To actualize abolition, transformative justice is an alternate approach to addressing harm. At its foundation, transformative justice works to counter violence while minimizing harm and ultimately actualizing justice for all parties (Mingus 2019; Dixon 2020; maree brown 2015). Transformative justice often does not rely on the state (police, prisons, criminal legal system), as the state is a violent, anti-Black, capitalist, and racialized institution that puts forth proposals that negatively target BIPOC and queer communities. State responses, as we have seen, often include tactics such as gender-expansive jails/prisons, even though they reinforce and perpetuate violence, both behind and outside of bars. Additionally, these strategies require sustained commitment and long-term organizing, rather than simply jailing someone. This means that solutions to harm are rooted in transformative justice – where the person who perpetrated the harm is supported to ensure that the harm does not happen again. This is a tactic of healing, dignity and care.

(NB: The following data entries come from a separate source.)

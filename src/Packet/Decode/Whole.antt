-- ===== src/Packet/Decode/Whole.antt =====
-- `decode_packet` on a whole packet that this library wrote: header, authenticator, attributes.
use pyrad.Common.{
  ℕ, ◌+◌, ◌*◌, ◌/◌, ◌%◌, ◌≤◌, ◌<◌, ◌≡◌, true, false, some, [], ◌∷◌, ◌++◌, Bytes, length,
  length-append, take-append, drop-append, ltb, ◌==◌, arith,
}
use pyrad.Common.Struct.{be, pack_uint}
use pyrad.Common.Result.{ok}
use pyrad.Common.Dict.{Dict, HasDistinctKeys}
use pyrad.Dictionary.Types.{Key, key_eq_instance}
use pyrad.Packet.State.{Slot, Packet}
use pyrad.Packet.Encode.{pkt_encode_attributes, encode_header}
use pyrad.Packet.Decode.{decode_packet}
use pyrad.Packet.Decode.Attrs.{with_attrs}
use pyrad.Packet.Decode.RoundTrip.{IsPlain, marks, decode_loop-encode}

-- The packet that the header of a raw packet makes.
abbrev pub with_header : ℕ → ℕ → Bytes → Packet → Packet
with_header c i a p = record p { code = c; id = i; authenticator = some a }

-- The header is the code, the identifier and the length in two bytes.
pub encode_header_shape :
    (p : Packet) (attr header : Bytes)
    → encode_header p attr ≡ ok header
    → (header ≡ p.code ∷ p.id ∷ ((20 + length attr) / 256) ∷ ((20 + length attr) % 256) ∷ [])
      × (p.code < 256)
      × (p.id < 256)
      × (20 + length attr < 65536)
unfolding encode_header pack_uint be
encode_header_shape p attr header h = (ground arith, ground arith, ground arith, ground arith)

-- A header, an authenticator of sixteen bytes and the encoding of plain attributes with distinct
-- keys decode to their parts, if the packet is no longer than 4096 bytes: `decode_packet` inverts
-- `_pkt_encode_attributes`.
pub decode_packet-encode :
    (c i : ℕ) (auth attr : Bytes) (items : Dict Key Slot) (p : Packet)
    → length auth ≡ 16
    → 20 + length attr ≤ 4096
    → IsPlain p.dict items
    → HasDistinctKeys items
    → pkt_encode_attributes p.dict items ≡ ok attr
    → decode_packet
        (c ∷ i ∷ ((20 + length attr) / 256) ∷ ((20 + length attr) % 256) ∷ (auth ++ attr))
        p
      ≡ (ok tt, with_attrs items (marks items (with_header c i auth p)))
unfolding decode_packet
decode_packet-encode c i auth attr items p len short plain distinct h =
    rw (enough, declared, not_long, take-append 16 auth attr len, drop-append 16 auth attr len)
      (decode_loop-encode items attr (with_header c i auth p) _ plain distinct h
        (omega (arith, length-append auth attr)))
  where
    enough : ltb (length (auth ++ attr)) 16 ≡ false
    enough = ground (arith, length-append auth attr)

    declared :
        ((20 + length attr) / 256 * 256 + (20 + length attr) % 256 == 4 + length (auth ++ attr))
        ≡ true
    declared = ground (arith, length-append auth attr)

    not_long : ltb 4096 ((20 + length attr) / 256 * 256 + (20 + length attr) % 256) ≡ false
    not_long = ground arith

It is important to provide space for critiques of abolition. Those who believe that reforms are best suited to foster accountability and “justice” to individuals wronged argue that an end to carceral institutions does not center survivors of harm, or much less victim’s families who must heal after the harm has been done. Such is the mentality: ‘If they are locked away, my family will have justice and my community will be safer.’ This view argues that justice would be achieved from locking the perpetrator up and throwing away the key. However, it is important to look at the root causes of violence, the inequalities in our communities that may lead to “violent” behavior. Consider someone who is trying to provide for their family, or themselves, desperate to put food on the table, and how the reality of not making enough money to live can cause someone to resort to violent actions like robbery. Consider perhaps another poignant example of someone who commits harm due to a mental health episode, but they never had the monetary means to receive health support, medication, or care. Abolition, rather than reforms, prioritizes solutions that would eliminate causes of inequality and self-perpetuating violence.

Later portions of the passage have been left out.